Fool’s Gold or Uncut Diamond?
In the early ‘90s, so just twenty years ago, Tim Berners-Lee was running the first web server at CERN in Switzerland. Since then the internet has grown into a data repository of enormous dimensions, and keeps on growing every second.
With the emergence of Web 2.0 and all manner of user-generated content – ranging from blogs via social networking websites to product ratings and discussion forums – the idea of harvesting all this information in some reliable and scalable form becomes very appealing. Consumers will talk about product experience on the web but they also use the web as an information source when planning a purchase. When it comes to trusted information about products, other consumers’ recommendations tend to clearly beat the manufacturers’ web sites.
So web mining – the exploration and analysis of relevant user-generated web content – is of great interest to marketers and market researchers. A key output of web mining activities is the share of voice (SOV) a brand or product gains in relation to its competitors. SOV is usually based on counting how often a certain query appears across the observed parts of the social web in a specific time interval. The descriptive SOV is often enhanced by adding the element of positive, negative or neutral sentiment to the analysis. Even further significance can be added by assessing the influence of the user posting comments on a specific brand. Modern web mining systems also often allow researchers to engage with selected bloggers or users.
This gives brand managers the opportunity to move from passive monitoring towards active participation. Advanced analytical approaches go further than basic sentiment analysis and try to identify the themes of postings and conversations. The overall trend in web mining is moving towards ‘understanding’ what is being said. The attempt to answer the ultimate question – whether web mining is just fool’s gold or should be considered an uncut diamond – requires a closer look at the underlying technical procedures. The process of a web mining project is highly iterative and has five constituent steps: the discovery of relevant sources, the extraction of data from these sources, followed by extensive data cleaning, analysis and finally the generation of insightful reports.

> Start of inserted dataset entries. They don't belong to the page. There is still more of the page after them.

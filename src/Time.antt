-- ===== src/Time.antt =====
-- infra/time_util.py: instants as microseconds, and their conversion to milliseconds through
-- double-precision numbers, with the rounding that the hardware and `datetime` make.
pub mod Parse
pub mod Roundtrip
use funding_tool.Prelude.{ℕ, zero, suc, ◌+◌, ◌*◌, ◌/◌, ◌%◌, ◌^◌, Bool, true, ltb, if◌then◌else◌}
use funding_tool.Rounding.{round_div}
use funding_tool.Errors.{Result, ok, err, validation_error}

-- An aware datetime is its instant, in microseconds since the epoch; a naive one is a wall clock.
pub record DateTime : Type 0 where
  pub us : ℕ
  pub aware : Bool

-- A double at or above 1: the value is mant / 2 ^ bits, with a mantissa of 53 bits.
pub record Double : Type 0 where
  pub mant : ℕ
  pub bits : ℕ

-- The most fractional bits, from `n` down, with which a / b has a mantissa below 2 ^ 53.
unfoldable pub scale : ℕ → ℕ → ℕ → ℕ
scale zero a b = 0
scale (suc n) a b =
    let coarser = scale n a b in
    if ltb (a * 2 ^ suc n) (9007199254740992 * b) then suc n else coarser

-- The double nearest to a / b, for a quotient that is at least 1.
unfoldable pub double : ℕ → ℕ → Double
double a b = let n = scale 52 a b in record { mant = round_div (a * 2 ^ n) b; bits = n }

-- dt.timestamp()
unfoldable pub timestamp : DateTime → Double
timestamp dt = double dt.us 1000000

-- int(dt.timestamp() * 1000)
unfoldable pub truncated_ms : DateTime → ℕ
truncated_ms dt =
    let s = timestamp dt in let p = double (s.mant * 1000) (2 ^ s.bits) in p.mant / 2 ^ p.bits

unfoldable pub to_ms : DateTime → Result ℕ
to_ms dt = if dt.aware then ok (truncated_ms dt) else err validation_error

-- datetime.fromtimestamp: the whole seconds, and the fraction rounded to microseconds.
unfoldable pub from_timestamp : Double → DateTime
from_timestamp s = record {
  us = s.mant / 2 ^ s.bits * 1000000 + round_div (s.mant % 2 ^ s.bits * 1000000) (2 ^ s.bits);
  aware = true;
}

-- datetime.fromtimestamp(ms / 1000, tz=UTC)
unfoldable pub from_ms : ℕ → DateTime
from_ms ms = from_timestamp (double ms 1000)
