-- ===== src/Models.antt =====
-- core/models.py: the values that the services exchange.
use funding_tool.Prelude.{ℕ, Bool, String, Option, List}
use funding_tool.Decimal.{Decimal}
use funding_tool.Time.{DateTime}

pub record FundingEvent : Type 0 where
  pub timestamp : DateTime
  pub symbol : String
  pub rate : Decimal
  pub mark_price : Decimal
  pub interval_hours : ℕ

pub data Side : Type 0 where
  long short : Side

pub data SizeMode : Type 0 where
  base quote rate_only : SizeMode

pub record BacktestInput : Type 0 where
  pub symbol : String
  pub side : Side
  pub start : DateTime
  pub end : DateTime
  pub size_mode : SizeMode
  pub size : Option Decimal

pub record FundingPayment : Type 0 where
  pub event : FundingEvent
  pub quantity_base : Decimal
  pub notional_quote : Decimal
  pub payment_quote : Decimal

pub record BacktestResult : Type 0 where
  pub input : BacktestInput
  pub payments : List FundingPayment
  pub total_quote : Option Decimal
  pub total_base : Option Decimal
  pub cumulative_rate_pct : Decimal
  pub apr : Decimal
  pub event_count : ℕ
  pub avg_rate : Decimal

pub record IncomeRecord : Type 0 where
  pub timestamp : DateTime
  pub symbol : String
  pub amount_usdt : Decimal
  pub tran_id : String

pub record HistoryResult : Type 0 where
  pub start : DateTime
  pub end : DateTime
  pub records : List IncomeRecord
  pub total : Decimal
  pub by_symbol : List (String × Decimal)
  pub by_month : List (String × Decimal)

pub record ApiCredentials : Type 0 where
  pub api_key : String
  pub api_secret : String
  pub passphrase : Option String

pub record PermissionReport : Type 0 where
  pub read_ok : Bool
  pub trading_enabled : Option Bool
  pub withdrawals_enabled : Option Bool
  pub spot_trading_enabled : Option Bool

The discovery stage is handled in various ways, but the two most popular approaches can be characterised as wide – covering as many sources as possible – or focussed. A key element of the discovery stage is the definition of appropriate queries.
The latter can go terribly wrong if the brands or products of interest have many semantic neighbours or twins. For example, the ‘Mars’ chocolate bar; Mars is a planet, a Greek god and a chocolate bar. Which one a consumer refers to can be very hard to identify, even if sophisticated Boolean logic is applied. The challenge of query definition is to reduce the false hits, whilst at the same time capturing all the buzz about the product of interest. Assuming the discovery phase goes well and all data has made its way to the researcher’s lab, it’s still a challenge to remove irrelevant information. The blog posts and web conversations still have to be separated from all the noise that comes with them.
The analysis phase is then all about understanding the sentiment in which a brand is mentioned: positive, neutral or even negative. Getting this right is not an easy task either, since slang, abbreviations (like LOL), irony, sarcasm, complex sentences and other difficulties can lead to misclassifications.
A major challenge to analysis is the fact that the vast majority of mentions may all turn out to have the same sentiment – be it neutral, positive or negative. Factoring all these challenges in, there is still good reason for optimism. However, web mining as a valuable tool for marketers comes at a price. First of all, quality control is the key! It is very risky to draw conclusions from fully automated systems that come without various quality controls – preferably in the form of experts checking the results of each process step, refining queries, optimising the valence analysis, etc. Depending on the objectives of a project, a decision has to be made as to whether broad “listening” to the social web or targeted “monitoring” of specific sources (e.g. recommendation sites) is the right approach to take. Last, but not least, whilst web mining can provide a very useful supplementary analysis, it should never be confused with research data derived from representative samples. Although it may sounds odd, given the size of the social web, for some categories for which there’s still just not enough data out there to provide robust insights. If expectations are realistic and objectives are clear, a thorough process makes web mining the uncut diamond but it can easily turn into fool’s gold, if not managed properly.